AMontgomerie / question_generator

An NLP system for generating reading comprehension questions
MIT License
281 stars 72 forks source link

</s> special tokens are coming in answers #6

Closed Threepointone4 closed 2 years ago

Threepointone4 commented 3 years ago

The special character is coming as part of the answer. One warring i saw which may be related to this : UserWarning: This sequence already has . In future versions, this behavior may lead to duplicated eos tokens being added. f"This sequence already has {self.eos_token}. In future versions, this behavior may lead to duplicated eos tokens being added."

My version : transformers==4.1.1

ankitkr3 commented 3 years ago

Hi @Threepointone4 @AMontgomerie I am also facing the same problem, is it solved by any chance ?

Punit-Koujalgi commented 3 years ago

Don't append at the end to the input, the library does that for you.

Punit-Koujalgi commented 3 years ago

I meant don't append ""

Punit-Koujalgi commented 3 years ago

dont append \<\/s>

ps-innovator commented 3 years ago

Hello, this is the following code I used to generate questions.
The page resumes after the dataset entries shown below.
-- ===== src/UdpTransfer.antt =====
-- Host::UDP_client and Host::UDP_server of host.cpp. The client is a step that sends the file or,
-- when its cache lacks the MAC, sends an ARP request and waits; the server is a function of the
-- frames that its socket hands out. `blank` holds the indeterminate fields of a local segment.
pub mod Sending
pub mod Delivery
pub mod Sizes
use network_simulation.Common.{
  ℕ, Bool, true, false, List, [], ◌∷◌, ◌++◌, Run, ok, fault, ◌>>=◌, if◌then◌else◌, ◌==◌,
}
use network_simulation.Addressing.{is_broadcast}
use network_simulation.L4.{Udp, segment_eof, file_to_udp_segments}
use network_simulation.L3.{Ip, encap_udp, get_mac}
use network_simulation.Pdu.{Mpdu, open_udp}
use network_simulation.Host.{Host, send_mpdu, send_request_arp, frame_for, packet_to}

-- `MTU - UDP_HEADER_SIZE - IP_HEADER_SIZE - MPDU_HEADER_SIZE`.
abbrev pub maximum_payload_bytes : ℕ
maximum_payload_bytes = 1468

-- The loop over the segments; each `encap_SDU` replaces the payload of the one packet.
unfoldable pub send_segments : List Udp → List ℕ → Ip → Host → Host
send_segments [] dest_mac tx_packet h = h
send_segments (s ∷ ss) dest_mac tx_packet h =
    let p = encap_udp s tx_packet in
    send_segments ss dest_mac p (send_mpdu (frame_for h.mac dest_mac p) h)

-- Where the client is when it returns or waits for an ARP reply.
pub data ClientState : Type 0 where
  finished : Host → ClientState
  waiting : Host → ClientState

unfoldable pub udp_client : Udp → List ℕ → ℕ → ℕ → ℕ → Host → Run ClientState
unfolding send_segments
udp_client blank file this_port dest_ip dest_port h = do
  segments_to_send ← file_to_udp_segments blank file this_port dest_port maximum_payload_bytes
  missing ← is_broadcast (get_mac h.cache dest_ip)
  if missing
      then (do h' ← send_request_arp dest_ip h; ok (ClientState.waiting h'))
      else ok (
          ClientState.finished
            (send_segments segments_to_send (get_mac h.cache dest_ip) (packet_to h.ip dest_ip) h))

-- `while (is_broadcast(cache.get_mac(dest_ip)))`, one look at the cache, and what comes after the
-- loop. The segments are those of `udp_client`.
unfoldable pub poll_mac : Udp → List ℕ → ℕ → ℕ → ℕ → Host → Run ClientState
unfolding send_segments
poll_mac blank file this_port dest_ip dest_port h = do
  segments_to_send ← file_to_udp_segments blank file this_port dest_port maximum_payload_bytes
  missing ← is_broadcast (get_mac h.cache dest_ip)
  ok (
      if missing
      then ClientState.waiting h
      else ClientState.finished
          (send_segments segments_to_send (get_mac h.cache dest_ip) (packet_to h.ip dest_ip) h))

pub record UdpServer : Type 0 where
  pub host_eof_reached : Bool
  pub written : List ℕ

abbrev pub new_udp_server : UdpServer
new_udp_server = record { host_eof_reached = false; written = [] }

-- `payload.back()` with `payload.pop_back()`: the last byte, and what is before it.
unfoldable pub unsnoc : List ℕ → Run (List ℕ × ℕ)
unsnoc [] = fault
unsnoc (x ∷ []) = ok ([], x)
unsnoc (x ∷ y ∷ xs) = do (before, last) ← unsnoc (y ∷ xs); ok (x ∷ before, last)

-- One round of `while (!HOST_EOF_reached)`; a server that has ended takes no frame.
unfoldable pub udp_server : Mpdu → UdpServer → Run UdpServer
unfolding unsnoc
udp_server rx_frame s = if s.host_eof_reached then ok s else (do
  (rx_packet, rx_segment) ← open_udp rx_frame
  (before, last) ← unsnoc rx_segment.payload
  if last == segment_eof
      then ok (record { host_eof_reached = true; written = s.written ++ before })
      else ok (record s { written = s.written ++ rx_segment.payload }))

unfoldable pub udp_server_run : List Mpdu → UdpServer → Run UdpServer
unfolding udp_server
udp_server_run [] s = ok s
udp_server_run (f ∷ fs) s = do s' ← udp_server f s; udp_server_run fs s'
I also have the same problem as @Threepointone4. As shown in my code, I am not appending anything to the input @Punit-Koujalgi.

Here is my code:

qg = QuestionGenerator()

with open('owl_rescue.txt', 'r') as a: article = a.read()

qa_list = qg.generate( article, num_questions=10, answer_style='all' )

print_qa(qa_list)

@AMontgomerie is there any solution for this?

Thanks in advance! I greatly appreciate it!

Threepointone4 commented 3 years ago

@all sorry for the late response, Just upgrade to new transformer this will not happen and self.qg_tokenizer.decode(output[0], skip_special_tokens=True) this skip_special_token should be true in newer transformer

AMontgomerie commented 2 years ago

I've added skip_special_tokens=True to master now.